Per esempio, un trenino richiesto con 24 vagoni, al massimo arrivava composto da due o tre vagoni più la motrice; la bambola pretesa che parlava, il più delle volte arrivava muta. Si sa, la Befana era una vecchina tanto avanti con gli anni ed il suo cervello non l’aiutava tanto tanto. Questa era la difesa dei genitori allo strepitare dei pargoli che sovente vedevano i loro sogni disattesi.

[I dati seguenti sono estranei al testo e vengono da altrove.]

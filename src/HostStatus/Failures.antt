-- ===== src/HostStatus/Failures.antt =====
-- The failures that the host manager notes: what each operation of dpark/hostatus.py changes of
-- them, and that a success erases them all.
use dpark.Common.{
  ℕ, ◌≡◌, refl, sym, ◌∙◌, Bool, true, false, not, ◌&&◌, ◌||◌, none, some, List, [], ◌∷◌, ◌++◌,
  contains, lookup, ◌==◌, if◌then◌else◌, ok, key_error, or_raise, >>=-eq-ok, or_raise-eq-ok, arith,
  Bool-cases, inl, inr, Option-cases,
}
use mathlib.Core.Path.{subst}
use dpark.Common.Dicts.{
  put, delete, has_key, lookup-put_same, lookup-put_other, lookup-delete_same, lookup-delete_other,
}
use dpark.Task.{TaskId, Host}
use dpark.HostStatus.{
  HostStatus, HostManager, status_succeed, status_failed, erase_failed_task, failed_on, new_status,
  register_host, task_failed_on_host, erase_on_hosts, succeed_on_host, forget_failures,
  task_succeed, task_failed, add_host,
}

-- the dictionary of hosts has a failure of the task on the host
abbrev pub fails_in : List (Host × HostStatus) → TaskId → Host → Bool
fails_in d id host = elim (lookup host d) [ none ↦ false | some h ↦ failed_on id h ]

-- the host is noted among those on which the task failed
abbrev pub is_noted : List (TaskId × List Host) → TaskId → Host → Bool
is_noted f id host = elim (lookup id f) [ none ↦ false | some hosts ↦ contains hosts host ]

module _ {ℓ} {V : Type ℓ} where
  pub has_key-put :
      (k i : ℕ) (v : V) (m : List (ℕ × V)) → has_key i (put k v m) ≡ ((k == i) || has_key i m)
  has_key-put k i v m = elim (Bool-cases (k == i)) [
    | inl p ↦ ground (arith, lookup-put_same k v m)
    | inr p ↦ ground (arith, lookup-put_other k i v m p)
  ]

  pub has_key-delete :
      (k i : ℕ) (m : List (ℕ × V)) → has_key i (delete k m) ≡ (not (k == i) && has_key i m)
  has_key-delete k i m = elim (Bool-cases (k == i)) [
    | inl p ↦ ground (arith, lookup-delete_same k m)
    | inr p ↦ ground (arith, lookup-delete_other k i m p)
  ]

failed_on-succeed :
    (now : ℕ) (id i : TaskId) (h : HostStatus)
    → failed_on i (status_succeed now id h) ≡ (not (id == i) && failed_on i h)
unfolding status_succeed
failed_on-succeed now id i h = ground (arith, has_key-delete id i h.failed_tasks)

failed_on-failed :
    (now : ℕ) (id i : TaskId) (h : HostStatus)
    → failed_on i (status_failed now id h) ≡ ((id == i) || failed_on i h)
unfolding status_failed
failed_on-failed now id i h = elim (Option-cases (lookup id h.failed_tasks)) [
  | inl p ↦ ground (arith, has_key-put id i (now ∷ []) h.failed_tasks)
  | inr (l, p) ↦ ground (arith, has_key-put id i (l ++ now ∷ []) h.failed_tasks)
]

failed_on-erase :
    (id i : TaskId) (h : HostStatus)
    → failed_on i (erase_failed_task id h) ≡ (not (id == i) && failed_on i h)
unfolding erase_failed_task
failed_on-erase id i h = ground (arith, has_key-delete id i h.failed_tasks)

pub fails_in-put :
    (d : List (Host × HostStatus)) (host host' : Host) (h : HostStatus) (i : TaskId)
    → fails_in (put host h d) i host'
      ≡ (if host == host' then failed_on i h else fails_in d i host')
fails_in-put d host host' h i = elim (Bool-cases (host == host')) [
  | inl p ↦ ground (arith, lookup-put_same host h d)
  | inr p ↦ ground (arith, lookup-put_other host host' h d p)
]

pub erase_on_hosts-fails :
    (id : TaskId) (hosts : List Host) (d d' : List (Host × HostStatus))
    → erase_on_hosts id hosts d ≡ ok d'
    → (i : TaskId) (host : Host)
    → fails_in d' i host ≡ (not ((id == i) && contains hosts host) && fails_in d i host)
unfolding erase_on_hosts
erase_on_hosts-fails id [] d d' e i host = ground arith
erase_on_hosts-fails id (x ∷ xs) d d' e i host =
    let (h, l, e') = >>=-eq-ok (or_raise (lookup x d) key_error) _ e in
    let r = erase_on_hosts-fails id xs (put x (erase_failed_task id h) d) d' e' i host in
    let p = fails_in-put d x host (erase_failed_task id h) i in
    let q = failed_on-erase id i h in
    let l' = or_raise-eq-ok (lookup x d) key_error l in ground arith

pub erase_on_hosts-has_key :
    (id : TaskId) (hosts : List Host) (d d' : List (Host × HostStatus))
    → erase_on_hosts id hosts d ≡ ok d'
    → (host : Host) → has_key host d' ≡ has_key host d
unfolding erase_on_hosts
erase_on_hosts-has_key id [] d d' e host = ground arith
erase_on_hosts-has_key id (x ∷ xs) d d' e host =
    let (h, l, e') = >>=-eq-ok (or_raise (lookup x d) key_error) _ e in
    let r = erase_on_hosts-has_key id xs (put x (erase_failed_task id h) d) d' e' host in
    let p = has_key-put x host (erase_failed_task id h) d in
    let l' = or_raise-eq-ok (lookup x d) key_error l in ground arith

pub erase_on_hosts-total :
    (id : TaskId) (hosts : List Host) (d : List (Host × HostStatus))
    → ((host : Host) → contains hosts host ≡ true → has_key host d ≡ true)
    → (d' : List (Host × HostStatus)) × (erase_on_hosts id hosts d ≡ ok d')
unfolding erase_on_hosts
erase_on_hosts-total id [] d r = (d, refl)
erase_on_hosts-total id (x ∷ xs) d r = elim (Option-cases (lookup x d)) [
  | inl p ↦ ground (arith, r x)
  | inr (h, p) ↦
      let (d', e) =
        erase_on_hosts-total id xs (put x (erase_failed_task id h) d)
          (λ host c. ground (arith, has_key-put x host (erase_failed_task id h) d, r host)) in
      (d', ground arith)
]

is_noted-put :
    (f : List (TaskId × List Host)) (id i : TaskId) (hosts : List Host) (host : Host)
    → is_noted (put id hosts f) i host
      ≡ (if id == i then contains hosts host else is_noted f i host)
is_noted-put f id i hosts host = elim (Bool-cases (id == i)) [
  | inl p ↦ ground (arith, lookup-put_same id hosts f)
  | inr p ↦ ground (arith, lookup-put_other id i hosts f p)
]

is_noted-delete :
    (f : List (TaskId × List Host)) (id i : TaskId) (host : Host)
    → is_noted (delete id f) i host ≡ (not (id == i) && is_noted f i host)
is_noted-delete f id i host = elim (Bool-cases (id == i)) [
  | inl p ↦ ground (arith, lookup-delete_same id f)
  | inr p ↦ ground (arith, lookup-delete_other id i f p)
]

contains-add_host :
    (host : Host) (hosts : List Host) (x : Host)
    → contains (add_host host hosts) x ≡ ((x == host) || contains hosts x)
contains-add_host host hosts x = ground arith

-- Every failure that a host status has is noted with the task, on a host that is registered.
pub record IsTracked (m : HostManager) : Type 0 where
  pub noted :
      (id : TaskId) (host : Host)
      → fails_in m.host_dict id host ≡ true
      → is_noted m.failed_dict id host ≡ true
  pub registered :
      (id : TaskId) (host : Host)
      → is_noted m.failed_dict id host ≡ true
      → has_key host m.host_dict ≡ true

pub register_host-IsTracked :
    (host : Host) (elapsed : ℕ) (m : HostManager)
    → IsTracked m
    → IsTracked (register_host host elapsed m)
unfolding register_host
register_host-IsTracked host elapsed m t = record {
  noted = λ id h e.
      ground (arith, fails_in-put m.host_dict host h (new_status elapsed) id, t.noted id h);
  registered = λ id h e.
      ground (arith, has_key-put host h (new_status elapsed) m.host_dict, t.registered id h);
}

abbrev noted_failure : ℕ → TaskId → Host → HostManager → HostStatus → List Host → HostManager
noted_failure now id host m h hosts = record {
  host_dict = put host (status_failed now id h) m.host_dict;
  failed_dict = put id (add_host host hosts) m.failed_dict;
}

-- After a failure of task `id` on `host`: on a host that is registered it is noted, all else that is
-- noted and the registered hosts are the same, and the invariant stays.
pub record Notes (id : TaskId) (host : Host) (m m' : HostManager) : Type 0 where
  pub tracked : IsTracked m'
  pub noted :
      (i : TaskId) (x : Host)
      → task_failed_on_host i x m'
        ≡ ((id == i && host == x && has_key host m.host_dict) || task_failed_on_host i x m)
  pub hosts : (x : Host) → has_key x m'.host_dict ≡ has_key x m.host_dict

pub task_failed-IsTracked :
    (now : ℕ) (id : TaskId) (host : Host) (m : HostManager)
    → IsTracked m
    → Notes id host m (task_failed now id host m)
unfolding task_failed task_failed_on_host
task_failed-IsTracked now id host m t = elim (Option-cases (lookup host m.host_dict)) [
  | inl p ↦
      let q : m ≡ task_failed now id host m = ground arith in
      subst (Notes id host m) q
        (record { tracked = t; noted = λ i x. ground arith; hosts = λ x. refl })
  | inr (h, p) ↦
      let hosts : List Host = elim (lookup id m.failed_dict) [ none ↦ [] | some hs ↦ hs ] in
      let q : task_failed now id host m ≡ noted_failure now id host m h hosts = ground arith in
      subst (Notes id host m) (sym q) record {
        tracked = record {
          noted = λ i x e. ground (
            arith,
            fails_in-put m.host_dict host x (status_failed now id h) i,
            failed_on-failed now id i h,
            is_noted-put m.failed_dict id i (add_host host hosts) x,
            contains-add_host host hosts x,
            t.noted i x,
          );
          registered = λ i x e. ground (
            arith,
            has_key-put host x (status_failed now id h) m.host_dict,
            is_noted-put m.failed_dict id i (add_host host hosts) x,
            contains-add_host host hosts x,
            t.registered i x,
          );
        };
        noted = λ i x. ground (
          arith,
          fails_in-put m.host_dict host x (status_failed now id h) i,
          failed_on-failed now id i h,
        );
        hosts = λ x. ground (arith, has_key-put host x (status_failed now id h) m.host_dict);
      }
]

succeed_on_host-fails :
    (now : ℕ) (id : TaskId) (host : Host) (m : HostManager) (i : TaskId) (x : Host)
    → fails_in (succeed_on_host now id host m).host_dict i x
      ≡ (not ((id == i) && (host == x)) && fails_in m.host_dict i x)
unfolding succeed_on_host
succeed_on_host-fails now id host m i x = elim (Option-cases (lookup host m.host_dict)) [
  | inl p ↦ ground arith
  | inr (h, p) ↦ ground (
    arith,
    fails_in-put m.host_dict host x (status_succeed now id h) i,
    failed_on-succeed now id i h,
  )
]

succeed_on_host-has_key :
    (now : ℕ) (id : TaskId) (host : Host) (m : HostManager) (x : Host)
    → has_key x (succeed_on_host now id host m).host_dict ≡ has_key x m.host_dict
unfolding succeed_on_host
succeed_on_host-has_key now id host m x = elim (Option-cases (lookup host m.host_dict)) [
  | inl p ↦ ground arith
  | inr (h, p) ↦ ground (arith, has_key-put host x (status_succeed now id h) m.host_dict)
]

succeed_on_host-failed_dict :
    (now : ℕ) (id : TaskId) (host : Host) (m : HostManager)
    → (succeed_on_host now id host m).failed_dict ≡ m.failed_dict
unfolding succeed_on_host
succeed_on_host-failed_dict now id host m = ground arith

-- what is left after `task_succeed`: the hosts and the failures of other tasks
pub record Forgets (id : TaskId) (m m' : HostManager) : Type 0 where
  pub tracked : IsTracked m'
  pub erased : (host : Host) → task_failed_on_host id host m' ≡ false
  pub others :
      (i : TaskId) (host : Host)
      → (id == i) ≡ false
      → task_failed_on_host i host m' ≡ task_failed_on_host i host m
  pub hosts : (host : Host) → has_key host m'.host_dict ≡ has_key host m.host_dict

forget_failures-Forgets :
    (id : TaskId) (m : HostManager)
    → IsTracked m
    → (m' : HostManager) × (forget_failures id m ≡ ok m') × Forgets id m m'
unfolding forget_failures task_failed_on_host
forget_failures-Forgets id m t = elim (Option-cases (lookup id m.failed_dict)) [
  | inl p ↦ (
    m,
    ground arith,
    record {
      tracked = t;
      erased = λ host. ground (arith, t.noted id host);
      others = λ i host n. refl;
      hosts = λ host. refl;
    },
  )
  | inr (hosts, p) ↦
      let (d, e) =
        erase_on_hosts-total id hosts m.host_dict (λ x c. ground (arith, t.registered id x)) in
      let fails = erase_on_hosts-fails id hosts m.host_dict d e in
      let keys = erase_on_hosts-has_key id hosts m.host_dict d e in
      (
        record { host_dict = d; failed_dict = delete id m.failed_dict },
        ground arith,
        record {
          tracked = record {
            noted = λ i x h.
                ground (arith, fails i x, is_noted-delete m.failed_dict id i x, t.noted i x);
            registered = λ i x h.
                ground (arith, keys x, is_noted-delete m.failed_dict id i x, t.registered i x);
          };
          erased = λ x. ground (arith, fails id x, t.noted id x);
          others = λ i x n. ground (arith, fails i x);
          hosts = keys;
        },
      )
]

-- `task_succeed` returns. Afterwards no host has a failure of the task, the failures of other
-- tasks and the registered hosts are the same, and the invariant stays.
pub task_succeed-Forgets :
    (now : ℕ) (id : TaskId) (host : Host) (m : HostManager)
    → IsTracked m
    → (m' : HostManager) × (task_succeed now id host m ≡ ok m') × Forgets id m m'
unfolding task_succeed task_failed_on_host
task_succeed-Forgets now id host m t =
    let m₁ = succeed_on_host now id host m in
    let fe = succeed_on_host-failed_dict now id host m in
    let fails = succeed_on_host-fails now id host m in
    let keys = succeed_on_host-has_key now id host m in
    let t₁ : IsTracked m₁ = record {
      noted = λ i x h. ground (arith, fe, fails i x, t.noted i x);
      registered = λ i x h. ground (arith, fe, keys x, t.registered i x);
    } in
    let (m', e, f) = forget_failures-Forgets id m₁ t₁ in
    (
      m',
      e,
      record {
        tracked = f.tracked;
        erased = f.erased;
        others = λ i x n. f.others i x n ∙ ground (arith, fails i x);
        hosts = λ x. f.hosts x ∙ keys x;
      },
    )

E così, quando il nipote di mastro Addecu la mattina del 6 gennaio trovò sotto il cuscino la solita pistola ad un colpo solo, dopo che aveva bene specificato nella letterina che con tanta scrupolosità aveva preparato, dove per quest’anno chiedeva il fucile a dodici di colpi e non sempre la stessa rivoltella ad uno colpo solo, esclamò:
«Vecchja befana rimbambìta, citròla simendùsa, o sii scema o sii strunza! Ma no’ ti ‘ngarricàri, aguànnu chi beni t’aspettu rivigghjàndi e si ti viju n’atra vota chi ti presendi cu ‘a stessa tiritera, sai adduvi t’a zzippu?»
Ma, nonostante la delusione, anche quella mattina uscì di casa con la colt ad un colpo legata al fianco, come John Wayne, il suo idolo, faceva nei suoi film e, sparata quell’unica strisciolina di colpi ad essa compresa, per uccidere i nemici non gli rimaneva che la bocca: bum, bum, bum …!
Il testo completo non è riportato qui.